Thanks for a nice video! Question - would it make sense to use timeseries DB instead of Cassandra for Product Price database? If not, why? Thanks!
@Kevin-jt4oz Жыл бұрын
Why do you use CDC so much? What are some scenarios CDC wont work? Is it scalable?
@SDFC Жыл бұрын
I actually used to have the same concerns about CDC/DB triggers, but a principal engineer from Amazon (specifically, Steve Huynh from A Life Engineered) actually told me they're perfectly fine in the way that DynamoDB handles them. I was recently told by one of my viewers that Debezium (a popular tool for CDC) is actually built on top of kafka, so that thing's definitely going to scale just fine as well. *"Why do you use CDC so much?"* I use it so much because it handles partial failure scenarios super cleanly -- the alternative is that the upstream service would make a pair of API calls, and unless it was set-up for perpetual retries (which is a particularly bad idea if it's handling calls from end users), you'd end up with an invalid state from the 2nd call getting dropped.
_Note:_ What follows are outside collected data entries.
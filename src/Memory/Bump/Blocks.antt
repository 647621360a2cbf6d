-- ===== src/Memory/Bump/Blocks.antt =====
-- The blocks that a sequence of kmalloc calls returns.
use unos_kernel.Prelude.{ℕ, ◌+◌, ◌%◌, ◌^◌, ◌≤◌, ◌≡◌, refl, List, [], ◌∷◌, arith}
use unos_kernel.Memory.Bump.{kmalloc, kmalloc_all}
use unos_kernel.Memory.Bump.Align.{align_up_near}

kmalloc_lem :
    (heap size : ℕ)
    → heap + size + 16 ≤ 2 ^ 64
    → let (ptr, heap') = kmalloc heap size in
      (ptr % 8 ≡ 0) × (heap ≤ ptr) × (ptr + size ≤ heap') × (heap' ≤ heap + size + 14)
unfolding kmalloc
kmalloc_lem heap size h =
    let (ptr_aligned, ptr_above, ptr_near) = align_up_near 3 61 heap refl (omega arith) in
    let (_, size_above, size_near) = align_up_near 3 61 size refl (omega arith) in omega arith

-- Each block begins on a multiple of 8, at or above `lo` and the end of the block before it.
abbrev pub Ordered : ℕ → List (ℕ × ℕ) → Type 0
Ordered lo [] = Unit {0}
Ordered lo ((ptr, size) ∷ blocks) = (lo ≤ ptr) × (ptr % 8 ≡ 0) × Ordered (ptr + size) blocks

-- What a sequence of requests may use up, rounding included.
abbrev pub demand : List ℕ → ℕ
demand [] = 0
demand (size ∷ sizes) = size + 14 + demand sizes

Ordered-mono : (lo hi : ℕ) (blocks : List (ℕ × ℕ)) → lo ≤ hi → Ordered hi blocks → Ordered lo blocks
Ordered-mono lo hi [] h o = tt
Ordered-mono lo hi ((ptr, size) ∷ blocks) h o = (omega arith, o.1, o.2)

-- As long as the requests do not pass the end of the address space, the blocks of successive
-- kmalloc calls are aligned to 8, lie above the heap pointer, and do not overlap.
pub kmalloc_all-Ordered :
    (sizes : List ℕ) (heap : ℕ)
    → heap + demand sizes + 2 ≤ 2 ^ 64
    → Ordered heap (kmalloc_all heap sizes)
unfolding kmalloc_all
kmalloc_all-Ordered [] heap h = tt
kmalloc_all-Ordered (size ∷ sizes) heap h =
    let (aligned, above, past, near) = kmalloc_lem heap size (omega arith) in
    (
      above,
      aligned,
      Ordered-mono _ _ (kmalloc_all (kmalloc heap size).1 sizes) past
          (kmalloc_all-Ordered sizes (kmalloc heap size).1 (omega arith)),
    )
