-- ===== src/Memory/PageAlloc.antt =====
-- The page bitmaps of kernel/memory/malloc.c: palloc_page, free_phys_page, pmm_free,
-- dma_alloc_page and init_phys_allocator.
pub mod Claim
pub mod Free
pub mod Mark
pub mod Owner
use unos_kernel.Prelude.{
  ℕ, zero, suc, ◌+◌, ◌-◌, ◌*◌, ◌/◌, ◌%◌, ◌^◌, Bool, ◌&&◌, Option, none, some, List, ltb, ◌==◌,
  if◌then◌else◌, get_or, set, ◌>>=◌,
}

abbrev pub page_size : ℕ
page_size = 0x1000

abbrev pub max_tracked_pages : ℕ
max_tracked_pages = 8192

abbrev pub base_phys_addr : ℕ
base_phys_addr = 0x10_0000

abbrev pub dma_base_addr : ℕ
dma_base_addr = 0x800_0000

abbrev pub dma_max_pages : ℕ
dma_max_pages = 512

-- `page_bitmap` and `last_allocated_index`
pub record Pages : Type 0 where
  pub bitmap : List ℕ
  pub last : ℕ

-- `!bitmap[i]`. A read out of range counts as taken; the invariants rule it out.
abbrev pub is_free : List ℕ → ℕ → Bool
is_free bitmap i = get_or bitmap i 1 == 0

-- `for (; left > 0; i++, left--) if (!bitmap[i]) ...`: the first free index from `i` on.
unfoldable pub scan : ℕ → ℕ → List ℕ → Option ℕ
scan zero i bitmap = none
scan (suc left) i bitmap =
    let rest = scan left (i + 1) bitmap in if is_free bitmap i then some i else rest

abbrev pub page_addr : ℕ → ℕ
page_addr i = base_phys_addr + i * page_size

-- The body of both loops of `palloc_page` once a free index is found.
abbrev pub claim_page : Pages → ℕ → Option ℕ × Pages
claim_page s i = (some (page_addr i), record { bitmap = set s.bitmap i 1; last = i + 1 })

-- `none` is NULL.
unfoldable pub palloc_page : Pages → Option ℕ × Pages
palloc_page s = elim (scan (max_tracked_pages - s.last) s.last s.bitmap) [
  | some i ↦ claim_page s i
  | none ↦ elim (scan s.last 0 s.bitmap) [ some i ↦ claim_page s i | none ↦ (none, s) ]
]

-- `int index` keeps the low 32 bits, and is negative from 2 ^ 31 on.
pub free_phys_page : Pages → ℕ → Pages
free_phys_page s phys =
    if ltb phys base_phys_addr
    then s
    else (let index = (phys - base_phys_addr) / page_size % 2 ^ 32 in
        if ltb index (2 ^ 31) && ltb index max_tracked_pages
        then record s { bitmap = set s.bitmap index 0 }
        else s)

-- `none` is a write outside of `page_bitmap`: there is no upper bound in the code.
unfoldable pub pmm_free : Pages → ℕ → Option Pages
pmm_free s addr =
    if ltb addr base_phys_addr
    then some s
    else (let index = (addr - base_phys_addr) / page_size in
        if ltb index max_tracked_pages
        then some (record s { bitmap = set s.bitmap index 0 })
        else none)

-- `dma_bitmap`
unfoldable pub dma_alloc_page : List ℕ → Option ℕ × List ℕ
dma_alloc_page bitmap = elim (scan dma_max_pages 0 bitmap) [
  | some i ↦ (some (dma_base_addr + i * page_size), set bitmap i 1)
  | none ↦ (none, bitmap)
]

-- One loop of `init_phys_allocator`: the pages from `addr` up to `end`. `none`: out of fuel.
pub mark_range : ℕ → ℕ → ℕ → List ℕ → Option (List ℕ)
mark_range zero addr end bitmap = none
mark_range (suc fuel) addr end bitmap =
    let index = (addr + 2 ^ 64 - base_phys_addr) % 2 ^ 64 / page_size in
    let marked = if ltb index max_tracked_pages then set bitmap index 1 else bitmap in
    let rest = mark_range fuel ((addr + page_size) % 2 ^ 64) end marked in
    if ltb addr end then rest else some bitmap

abbrev pub ahci_base : ℕ
ahci_base = 0x80_0000

-- The four loops, in order. The linker gives `kernel_start` and `kernel_end`.
pub init_phys_allocator : ℕ → ℕ → ℕ → ℕ → List ℕ → Option (List ℕ)
init_phys_allocator fuel kernel_start kernel_end abar bitmap = do
  b ← mark_range fuel kernel_start kernel_end bitmap
  b ← mark_range fuel ahci_base (ahci_base + 0x20_0000) b
  b ← mark_range fuel abar ((abar + 0x20_0000) % 2 ^ 64) b
  mark_range fuel 0x40_0000 0x100_0000 b
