-- ===== src/Memory/PageAlloc/Claim.antt =====
-- palloc_page and dma_alloc_page: which page they hand out, and when they fail.
use unos_kernel.Prelude.{
  ℕ, zero, suc, ◌+◌, ◌-◌, ◌*◌, ◌≤◌, ◌<◌, ◌≡◌, ◌≢◌, refl, ◌⊎◌, inl, inr, none, some, List, true,
  false, arith, Bool-cases, Option-cases, ltb, ◌==◌, tests, length, set, length-set, get_or,
  get_or-set_self, get_or-set_ne,
}
use unos_kernel.Memory.PageAlloc.{
  Pages, max_tracked_pages, dma_max_pages, dma_base_addr, base_phys_addr, page_size, is_free, scan,
  claim_page, palloc_page, dma_alloc_page,
}

-- The bitmap covers the tracked pages, and the search position does not pass its end.
pub record IsValid (s : Pages) : Type 0 where
  pub size : length s.bitmap ≡ max_tracked_pages
  pub last_in : s.last ≤ max_tracked_pages

pub scan-some :
    (left i : ℕ) (bitmap : List ℕ) {k : ℕ}
    → scan left i bitmap ≡ some k
    → (i ≤ k) × (k < i + left) × (is_free bitmap k ≡ true)
unfolding scan
scan-some zero i bitmap h = absurd (ground arith)
scan-some (suc left) i bitmap {k} h = elim (Bool-cases (is_free bitmap i)) [
  | inl free ↦ ground arith
  | inr taken ↦
      let (lo, hi, free) = scan-some left (i + 1) bitmap {k = k} (ground arith) in
      (omega arith, omega arith, free)
]

pub scan-none :
    (left i : ℕ) (bitmap : List ℕ)
    → scan left i bitmap ≡ none
    → (j : ℕ) → i ≤ j
    → j < i + left
    → is_free bitmap j ≡ false
unfolding scan
scan-none zero i bitmap h j lo hi = absurd (omega arith)
scan-none (suc left) i bitmap h j lo hi = elim (Bool-cases (is_free bitmap i)) [
  | inl free ↦ absurd (ground arith)
  | inr taken ↦ elim (Bool-cases (i == j)) [
    | inl same ↦ ground arith
    | inr other ↦ scan-none left (i + 1) bitmap (ground arith) j (ground arith) (omega arith)
  ]
]

pub scan-lowest :
    (left i : ℕ) (bitmap : List ℕ) {k : ℕ}
    → scan left i bitmap ≡ some k
    → (j : ℕ) → i ≤ j
    → j < k
    → is_free bitmap j ≡ false
unfolding scan
scan-lowest zero i bitmap h j lo hi = absurd (ground arith)
scan-lowest (suc left) i bitmap {k} h j lo hi = elim (Bool-cases (is_free bitmap i)) [
  | inl free ↦ absurd (ground arith)
  | inr taken ↦ elim (Bool-cases (i == j)) [
    | inl same ↦ ground arith
    | inr other ↦ scan-lowest left (i + 1) bitmap (ground arith) j (ground arith) hi
  ]
]

pub palloc_page-claim_page :
    {s : Pages}
    → IsValid s
    → ((i : ℕ) × (i < max_tracked_pages)
        × (is_free s.bitmap i ≡ true)
        × (palloc_page s ≡ claim_page s i))
      ⊎ ((palloc_page s ≡ (none, s))
          × ((j : ℕ) → j < max_tracked_pages → is_free s.bitmap j ≡ false))
unfolding palloc_page
palloc_page-claim_page {s} v =
    elim (Option-cases (scan (max_tracked_pages - s.last) s.last s.bitmap)) [
      | inr (i, found) ↦
          let (lo, hi, free) = scan-some (max_tracked_pages - s.last) s.last s.bitmap found in
          inl (i, omega arith, free, ground arith)
      | inl none_above ↦ elim (Option-cases (scan s.last 0 s.bitmap)) [
        | inr (i, found) ↦
            let (lo, hi, free) = scan-some s.last 0 s.bitmap found in
            inl (i, omega arith, free, ground arith)
        | inl none_below ↦ inr (
          ground arith,
          λ j h. elim (Bool-cases (ltb j s.last)) [
            | inl below ↦ scan-none s.last 0 s.bitmap none_below j (omega arith) (omega tests)
            | inr above ↦
                scan-none (max_tracked_pages - s.last) s.last s.bitmap none_above j (ground arith)
                  (omega arith)
          ],
        )
      ]
    ]

-- What a state `t` is in which the page of the entry `i` has been handed out: only that entry is
-- marked anew, and the next search begins behind it.
pub record IsTaken (s t : Pages) (i : ℕ) : Type 0 where
  pub tracked : i < max_tracked_pages
  pub was_free : get_or s.bitmap i 1 ≡ 0
  pub marked : get_or t.bitmap i 0 ≡ 1
  pub others : (j : ℕ) → i ≢ j → get_or t.bitmap j 0 ≡ get_or s.bitmap j 0
  pub size : length t.bitmap ≡ length s.bitmap
  pub last : t.last ≡ i + 1

claim_page-IsTaken :
    (s : Pages) (i : ℕ)
    → IsValid s
    → i < max_tracked_pages
    → is_free s.bitmap i ≡ true
    → IsTaken s ((claim_page s i).1) i
claim_page-IsTaken s i v h free =
    let size = v.size in
    record {
      tracked = h;
      was_free = ground arith;
      marked = get_or-set_self s.bitmap i 1 0 (omega arith);
      others = λ j ne. get_or-set_ne s.bitmap i j 1 0 ne;
      size = length-set s.bitmap i 1;
      last = refl;
    }

-- On a valid state palloc_page either returns the address of a tracked page that was free, marks
-- that page and no other, and sets the search position behind it; or it returns NULL with the
-- state unchanged, and then every tracked page is taken.
pub palloc_page_lem :
    {s : Pages}
    → IsValid s
    → ((i : ℕ) × (t : Pages) × (palloc_page s ≡ (some (base_phys_addr + i * page_size), t))
        × IsTaken s t i)
      ⊎ ((palloc_page s ≡ (none, s))
          × ((j : ℕ) → j < max_tracked_pages → is_free s.bitmap j ≡ false))
palloc_page_lem {s} v = elim (palloc_page-claim_page v) [
  | inl (i, h, free, e) ↦ inl (i, (claim_page s i).1, e, claim_page-IsTaken s i v h free)
  | inr full ↦ inr full
]

-- dma_alloc_page claims the lowest free page of the pool, and fails only when none is free.
pub dma_alloc_page_lem :
    (bitmap : List ℕ)
    → ((i : ℕ) × (i < dma_max_pages)
        × (is_free bitmap i ≡ true)
        × ((j : ℕ) → j < i → is_free bitmap j ≡ false)
        × (dma_alloc_page bitmap ≡ (some (dma_base_addr + i * page_size), set bitmap i 1)))
      ⊎ ((dma_alloc_page bitmap ≡ (none, bitmap))
          × ((j : ℕ) → j < dma_max_pages → is_free bitmap j ≡ false))
unfolding dma_alloc_page
dma_alloc_page_lem bitmap = elim (Option-cases (scan dma_max_pages 0 bitmap)) [
  | inr (i, found) ↦
      let (lo, hi, free) = scan-some dma_max_pages 0 bitmap found in
      inl (
        i,
        omega arith,
        free,
        (λ j h. scan-lowest dma_max_pages 0 bitmap found j (omega arith) h),
        ground arith,
      )
  | inl nothing ↦
      inr (
        ground arith,
        λ j h. scan-none dma_max_pages 0 bitmap nothing j (omega arith) (omega arith),
      )
]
You could also alternatively just put a message into kafka, and then use the task runners at the end of it for perpetually retrying the pair of API calls, but that adds an extra component or two beyond what you'd be using with CDC/DB triggers. *"What are some scenarios CDC wont work?"* Anything that needs the upstream and downstream databases to be strongly consistent with each other. The CDC/DB triggers thing is basically what you'd call a "saga", which is a form of distributed transaction that involves eventual consistency. Accomplishing a distributed transaction without relaxing the consistency level is a tremendous challenge, and my current favorite approach for that is to avoid the "distributed" aspect by partitioning the two tables over the same partition key so that the proper record can be updated on both tables while only involving a single DB node in the transaction. (You can see this in my coverage on the flash sale problem -- it's a trick that I learned from a comment on my hotel booking video.)
@machsagel470110 ай бұрын
May be interesting to cover what are the trade off of going event driven and say price updated and use a message broker to propagate downstream vs CDC ? @@SDFC
@donotreportmebro11 ай бұрын
- Scapping needs work imho: how do you find new products (tons of new products appear daily on Amazon)? how do you frontload products before doing regular scapping? - Product update TPS is incorrect imho: 1mil product, once per day update, but you want to update them quickly not to spread / schedule updating lazily over 24 hours, thus it can be 1mil QPS (if I'm a user I don't want to wait 24 hours to get an alert, the product might be out of stock because other customers got alerts 24 hours earlier from other price trackers)
@Gerald-iz7mv Жыл бұрын
why you scrape all products? if there are only a couple products the user is interested in (products the use subscribed for updates) - i would be rather only scrape those product instead all amazon products... ok it makes sense - since we need to a price history to all products - so the user can set the right target price, otherwize the user would not know what is a good target price to set...
@robbieskonieczny946411 ай бұрын
Agreed this makes sense. Maybe you can have 2 different scrappers. Highly subscribed URLs are revisited more frequently (Maybe within hours of price drop). Low-subscribed URLs are visited every XYZ hour more than low-subscribed URLs. I also assume you could prob scrape Amazon to figure out the frequency of sold items to factor that in.